Novo Nordisk Discontinues Inflammatory Disease R & D For Diabetes, Obesity Treatments

By Cyndi Root

microscope

Novo Nordisk announced in a press release that it has decided to discontinue its focus on inflammatory disorders and increase its efforts in diabetes and obesity. The company’s decision follows its discontinuation of its anti-IL-20 compound for rheumatoid arthritis after a Phase IIb trial proved disappointing. Novo Nordisk will finalize that program and others in the next six months, possibly seeking buyers for some compounds in development.

Mads Krogsgaard Thomsen, EVP and CSO of Novo Nordisk, said, “The discontinuation of anti-IL-20 delays our earliest possible entrance into the market for anti-inflammatory therapeutics to the late 2020s. Significant unmet opportunities remain within diabetes, including prevention, obesity, and diabetes complications. We have therefore decided to further increase our R&D efforts within diabetes, which is our main business area.”

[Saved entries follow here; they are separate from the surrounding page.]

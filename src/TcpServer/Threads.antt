-- ===== src/TcpServer/Threads.antt =====
-- A server whose connections would run in threads of a pool.
use learn_for_cpp.Base.{
  ℕ, zero, suc, ◌%◌, ◌<◌, ◌≡◌, ◌≢◌, ◌↔◌, sym, ap, ◌∙◌, none, some, List, arith, length, get_elem?,
}
use learn_for_cpp.Acceptor.{Accept, accepted, handle_read}
use learn_for_cpp.TcpServer.{Server, start_loops, new_connection, hand, accept_event, get_next_loop}
use learn_for_cpp.TcpServer.Pool.{get_next_loop_lem}
use learn_for_cpp.TcpServer.Connections.{Runs, Inv-Runs}
use learn_for_cpp.TcpServer.Inv.{Inv}

start_loops-elem :
    (start_loop : ℕ → ℕ) (i n j loop : ℕ)
    → get_elem? (start_loops start_loop i n) j ≡ some loop
    → (k : ℕ) × (loop ≡ start_loop k)
start_loops-elem start_loop i zero j loop e = ground (arith, e)
start_loops-elem start_loop i (suc n) zero loop e = (i, ground (arith, e))
start_loops-elem start_loop i (suc n) (suc j) loop e =
    start_loops-elem start_loop (suc i) n j loop e

module _ (start_loop : ℕ → ℕ) (base : ℕ) (rs : List Accept) (s : Server) (fd : ℕ) where
  alone : Inv start_loop base 0 rs s → accept_event s (accepted fd) ≢ none
  unfolding accept_event handle_read hand new_connection get_next_loop
  alone i e =
      let empty : length s.pool.loops ≡ 0 = ap length i.loops in
      ground (arith, e, empty, i.has_callback)

  elsewhere :
      (threads : ℕ)
      → Inv start_loop base (suc threads) rs s
      → ((i : ℕ) → start_loop i ≢ base)
      → accept_event s (accepted fd) ≡ none
  unfolding accept_event handle_read hand new_connection
  elsewhere threads i other =
      let size : length s.pool.loops ≡ length (start_loops start_loop 0 (suc threads)) =
        ap length i.loops in
      let some_loop : 0 < length s.pool.loops = omega (arith, size) in
      let (loop, t, e) = get_next_loop_lem s.pool (length s.sockets) some_loop (i.next some_loop) in
      let index = length s.sockets % length s.pool.loops in
      let there : get_elem? (start_loops start_loop 0 (suc threads)) index ≡ some loop =
        ap (λ l. get_elem? l index) (sym i.loops) ∙ t in
      let (k, own) = start_loops-elem start_loop 0 (suc threads) index loop there in
      let apart : loop ≢ s.pool.base_loop = λ eq. other k (sym own ∙ eq ∙ i.base_loop) in
      ground (arith, e, apart, i.has_callback)

-- The defect: a server accepts no connection exactly if it was given threads, whose loops are not its
-- own: `newConnection` calls `connectEstablished` in the thread of the server's loop, and the loop of
-- the new connection, which is another thread's, ends the program.
pub accept_event-threads :
    (start_loop : ℕ → ℕ) (base threads : ℕ) (rs : List Accept) (s : Server) (fd : ℕ)
    → Runs start_loop base threads rs s
    → ((i : ℕ) → start_loop i ≢ base)
    → (accept_event s (accepted fd) ≡ none) ↔ (0 < threads)
accept_event-threads start_loop base zero rs s fd run other = (
  λ e. absurd (alone start_loop base rs s fd (Inv-Runs start_loop base 0 rs s run) e),
  λ h. absurd (omega (arith, h)),
)
accept_event-threads start_loop base (suc threads) rs s fd run other = (
  λ e. omega arith,
  λ h.
      elsewhere start_loop base rs s fd threads (Inv-Runs start_loop base (suc threads) rs s run)
        other,
)
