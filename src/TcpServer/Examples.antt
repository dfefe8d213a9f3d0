-- ===== src/TcpServer/Examples.antt =====
-- A server that accepts and removes a connection, and one with two threads, which does not.
use learn_for_cpp.Base.{◌+◌, ◌<◌, ◌≡◌, ◌↔◌, refl, true, none, some, [], ◌∷◌, put, arith}
use learn_for_cpp.Channel.{enable_reading}
use learn_for_cpp.Acceptor.{Acceptor, accepted, accept_error, new_acceptor, handle_read}
use learn_for_cpp.Acceptor
use learn_for_cpp.TcpServer.{
  Server, ThreadPool, establish, queue_destroy, run_listen, new_server, new_pool, set_thread_num,
  start, start_pool, listen_in_loop, new_connection, hand, accept_event, remove_connection_in_loop,
  get_next_loop,
}
use learn_for_cpp.TcpServer.Connections.{begins, listens, accepts, removes, Inv-Runs}
use learn_for_cpp.TcpServer.Inv.{Inv}
use learn_for_cpp.TcpServer.Threads.{accept_event-threads}

abbrev pool : ThreadPool
pool = record { base_loop = 9; started = true; num_threads = 0; next = 0; loops = [] }

abbrev started : Server
started = record {
  started = true;
  next_conn = 1;
  pool = pool;
  connections = λ n. none;
  sockets = [];
  acceptor = record (new_acceptor 5) { has_callback = true };
  effects = run_listen ∷ [];
}

abbrev listening : Server
listening = record started {
  acceptor = record (started.acceptor) {
    channel = enable_reading started.acceptor.channel;
    listenning = true;
  };
}

abbrev served : Server
served = record listening {
  next_conn = 2;
  connections = put (λ n. none) 1 (some 9);
  sockets = 12 ∷ [];
  effects = establish 1 ∷ run_listen ∷ [];
}

abbrev removed : Server
removed = record served {
  connections = put (put (λ n. none) 1 (some 9)) 1 none;
  effects = queue_destroy 9 1 ∷ establish 1 ∷ run_listen ∷ [];
}

starts :
    start (λ i. 20 + i) (record (new_server 9 5) { pool = set_thread_num (new_pool 9) 0 })
    ≡ some started
unfolding start start_pool new_server new_pool set_thread_num new_acceptor
starts = refl

listens_now : listen_in_loop started ≡ some listening
unfolding listen_in_loop Acceptor.listen
listens_now = refl

takes_one : accept_event listening (accepted 12) ≡ some served
unfolding accept_event handle_read hand new_connection get_next_loop new_acceptor
takes_one = refl

misses_one : accept_event served (accept_error 24) ≡ some served
unfolding accept_event handle_read hand
misses_one = refl

drops_one : remove_connection_in_loop served 1 ≡ some removed
unfolding remove_connection_in_loop
drops_one = refl

Inv-Runs_example : Inv (λ i. 20 + i) 9 0 (accepted 12 ∷ accept_error 24 ∷ []) removed
Inv-Runs_example =
    Inv-Runs (λ i. 20 + i) 9 0 (accepted 12 ∷ accept_error 24 ∷ []) removed
      (removes 1
        (accepts (accept_error 24)
          (accepts (accepted 12) (listens (begins 5 starts) listens_now) takes_one) misses_one)
        drops_one)

abbrev threaded : Server
threaded = record started {
  pool = record { base_loop = 9; started = true; num_threads = 2; next = 0; loops = 20 ∷ 21 ∷ [] };
}

threaded_starts :
    start (λ i. 20 + i) (record (new_server 9 5) { pool = set_thread_num (new_pool 9) 2 })
    ≡ some threaded
unfolding start start_pool new_server new_pool set_thread_num new_acceptor
threaded_starts = refl

accept_event-threads_example : (accept_event threaded (accepted 12) ≡ none) ↔ (0 < 2)
accept_event-threads_example =
    accept_event-threads (λ i. 20 + i) 9 2 [] threaded 12 (begins 5 threaded_starts)
      (λ i e. omega (arith, e))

Inflammatory Disease Discontinuation

The mid-sized Danish pharmaceutical company stated that the decision to jettison the inflammatory disease division followed an internal review, spurred by the failure of the anti-IL-20 compound. Clinical trials will be closed, but patients will be followed according to the study designs and referred to personal physicians for treatment. The company says that 400 employees are affected by the decision and more than half are expected to find other positions within the company. The move will cost the company about 700 million Danish kroner ($123 million).

Diabetes Business

In August 2014, Novo Nordisk announced sales growth driven by Levemir and Victoza, diabetes treatments. The company is pleased with the performance of Tresiba (insulin degludec), a new once-daily, long-acting insulin first approved in Japan. In the U.S., the Food and Drug Administration (FDA) has thus far refused to approve the drug, citing concerns about cardiovascular outcomes. The company says that DEVOTE, the cardiovascular outcomes trial for Tresiba, is progressing and the company hopes to provide an interim analysis to the FDA in the first half of 2015. Another diabetes agent, Xultophy, recently received a positive opinion from the EU regulatory authorities.

The company updated its pipeline on August 7, 2014. It has completed regulatory filings for Tresiba in type 1 and 2 diabetes, Ryzodeg for type 1 and 2 diabetes, Xultophy (IDegLira) for type 2 diabetes, and Liraglutide for obesity. Currently, Novo Nordisk has 17 other compounds in development in diabetes, obesity, hemophilia, growth disorders, and inflammatory diseases.